Amazon (AMZN) announced on Thursday that it’s raising the price on Amazon Prime, its popular subscription service, from $99 a year to $119 a year.
Starting May 11, anyone who signs up for a new Prime subscription will find they need to pony up $20 more per year than previously. For current Amazon Prime users, they’ll see a bit of a grace period, with Prime renewal prices climbing to $119 a year on June 16.
As Amazon CFO Brian Olsavsky pointed out on the company’s earnings call on Thursday afternoon, this is the second time Amazon has raised prices on Prime, with the first price hike occurring in March 2014.
“We still think it’s the best deal in retail, and we’re continuing to make it better each day,” Olsavsky said on the earnings call.
Since Amazon launched Prime in 2005, the subscription service has transformed the way shoppers experience online retail by standardizing 2-day fast shipping. The company has also added on a stable of media services for Prime users to enjoy, including video and music streaming. Indeed, Prime has become so successful, Amazon CEO Jeff Bezos announced in mid-April a milestone of more than 100 million Prime users.
Despite that, however, Prime is thought by many analysts to be a money-losing proposition — the company, instead, views it as a way to hook and retain shoppers — with some estimates suggesting the company has lost billions of dollars on Prime in more recent years because Amazon does not traditionally factor in a big profit margin into services and products like Prime. Its Kindle e-readers, for instance, are sold “at-cost,” meaning Amazon does not make a significant profit off the sale of those devices.
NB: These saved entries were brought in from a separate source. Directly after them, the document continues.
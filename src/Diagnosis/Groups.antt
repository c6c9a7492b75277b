-- ===== src/Diagnosis/Groups.antt =====
-- Cohorts of devices that crashed for one reason, `_build_groups` of nff_diagnosis/correlation/engine.py, and the
-- crashes that no cohort explains. A confidence, which validation rounds to three digits, is in thousandths;
-- the dominant location and the narrative of a group are left out.
pub mod Partition
use nff_core.Prelude.{
  ℕ, suc, leb, Bool, true, false, not, Option, none, some, List, [], ◌∷◌, ◌++◌, map, length, String,
  ◌==◌, string_eq, if◌then◌else◌, any, select, sorted, string_order,
}
use nff_core.Diagnosis.Cluster.{TimelineEntry}

pub data HypothesisStatus : Type 0 where
  proposed validated refuted partial : HypothesisStatus

pub record Hypothesis : Type 0 where
  pub id : String
  pub statement : String
  pub predicted_crash_class : Option String
  pub status : HypothesisStatus
  pub confidence : ℕ
  pub matching_crashers : List String

pub record DeviceGroup : Type 0 where
  pub number : ℕ
  pub label : String
  pub crash_class : Option String
  pub member_device_ids : List String
  pub member_crash_ids : List String
  pub firmware_versions : List String
  pub hypothesis_id : String
  pub confidence : ℕ
  pub member_count : ℕ

abbrev pub is_member : String → List String → Bool
is_member c ids = any (λ (d : String). d == c) ids

unfoldable pub is_validated : HypothesisStatus → Bool
is_validated validated = true
is_validated proposed = false
is_validated refuted = false
is_validated partial = false

insert_strongest : Hypothesis → List Hypothesis → List Hypothesis
insert_strongest h [] = h ∷ []
insert_strongest h (k ∷ ks) =
    let rest = insert_strongest h ks in
    if leb k.confidence h.confidence then h ∷ k ∷ ks else k ∷ rest

-- `sorted(hyps, key=lambda x: x.confidence, reverse=True)`, which keeps the order of equals
unfoldable pub strongest_first : List Hypothesis → List Hypothesis
unfolding insert_strongest
strongest_first [] = []
strongest_first (h ∷ hs) = insert_strongest h (strongest_first hs)

later_or : Bool → TimelineEntry → Option TimelineEntry → Option TimelineEntry
later_or here e (some f) = some f
later_or true e none = some e
later_or false e none = none

-- `by_crash`: of the entries with one id, the last
entry_of : String → List TimelineEntry → Option TimelineEntry
unfolding later_or
entry_of c [] = none
entry_of c (e ∷ es) = later_or (e.crash_id == c) e (entry_of c es)

cons_entry : Option TimelineEntry → List TimelineEntry → List TimelineEntry
cons_entry none es = es
cons_entry (some e) es = e ∷ es

entries_of : List String → List TimelineEntry → List TimelineEntry
unfolding entry_of cons_entry
entries_of [] timeline = []
entries_of (c ∷ cs) timeline = cons_entry (entry_of c timeline) (entries_of cs timeline)

add_new : Option String → List String → List String
add_new none seen = seen
add_new (some s) seen = if s == "" then seen else if is_member s seen then seen else s ∷ seen

-- The set of the texts that are there and not empty
texts : List (Option String) → List String
unfolding add_new
texts [] = []
texts (o ∷ os) = add_new o (texts os)

group_of : ℕ → Hypothesis → List String → List TimelineEntry → DeviceGroup
unfolding entries_of texts
group_of number h members timeline =
    let entries = entries_of members timeline in
    record {
      number = number;
      label = h.statement;
      crash_class = h.predicted_crash_class;
      member_device_ids = sorted (texts (map (λ (e : TimelineEntry). e.device_id) entries));
      member_crash_ids = members;
      firmware_versions = sorted (texts (map (λ (e : TimelineEntry). e.firmware_version) entries));
      hypothesis_id = h.id;
      confidence = h.confidence;
      member_count = length members;
    }

-- The crashes of a hypothesis that are in no group yet; none of one that is not validated
open_members : Hypothesis → List String → List String
unfolding is_validated
open_members h claimed =
    if is_validated h.status
    then select (λ (c : String). not (is_member c claimed)) h.matching_crashers
    else []

is_nothing : List String → Bool
is_nothing [] = true
is_nothing (c ∷ cs) = false

collect : List TimelineEntry → ℕ → List String → List Hypothesis → List DeviceGroup
unfolding open_members group_of is_nothing
collect timeline number claimed [] = []
collect timeline number claimed (h ∷ hs) =
    let members = open_members h claimed in
    let later =
      collect timeline (if is_nothing members then number else suc number) (members ++ claimed)
        hs in
    if is_nothing members then later else group_of number h members timeline ∷ later

unfoldable pub build_groups : List Hypothesis → List TimelineEntry → List DeviceGroup
unfolding collect
build_groups hyps timeline = collect timeline 0 [] (strongest_first hyps)

unfoldable pub grouped_crashes : List DeviceGroup → List String
grouped_crashes [] = []
grouped_crashes (g ∷ gs) = g.member_crash_ids ++ grouped_crashes gs

unfoldable pub unexplained_ids : List TimelineEntry → List DeviceGroup → List String
unfolding grouped_crashes
unexplained_ids timeline gs =
    select (λ (c : String). not (is_member c (grouped_crashes gs)))
      (map (λ (e : TimelineEntry). e.crash_id) timeline)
No doubt Thursday’s announcement is an effort on Amazon’s part to help ameliorate those losses, particularly as it continues to pour over $3 billion a year into the creation of original series and films.
The news came as Amazon released first-quarter 2018 earnings on Thursday. The Seattle tech giant reported earnings of $3.27 per share on $51 billion in revenues for the quarter, blowing past estimates from Wall Street analysts, who were generally expecting $1.27 per share on revenues of $49.96 billion. Amazon stock surged over 6% in after-hours trading.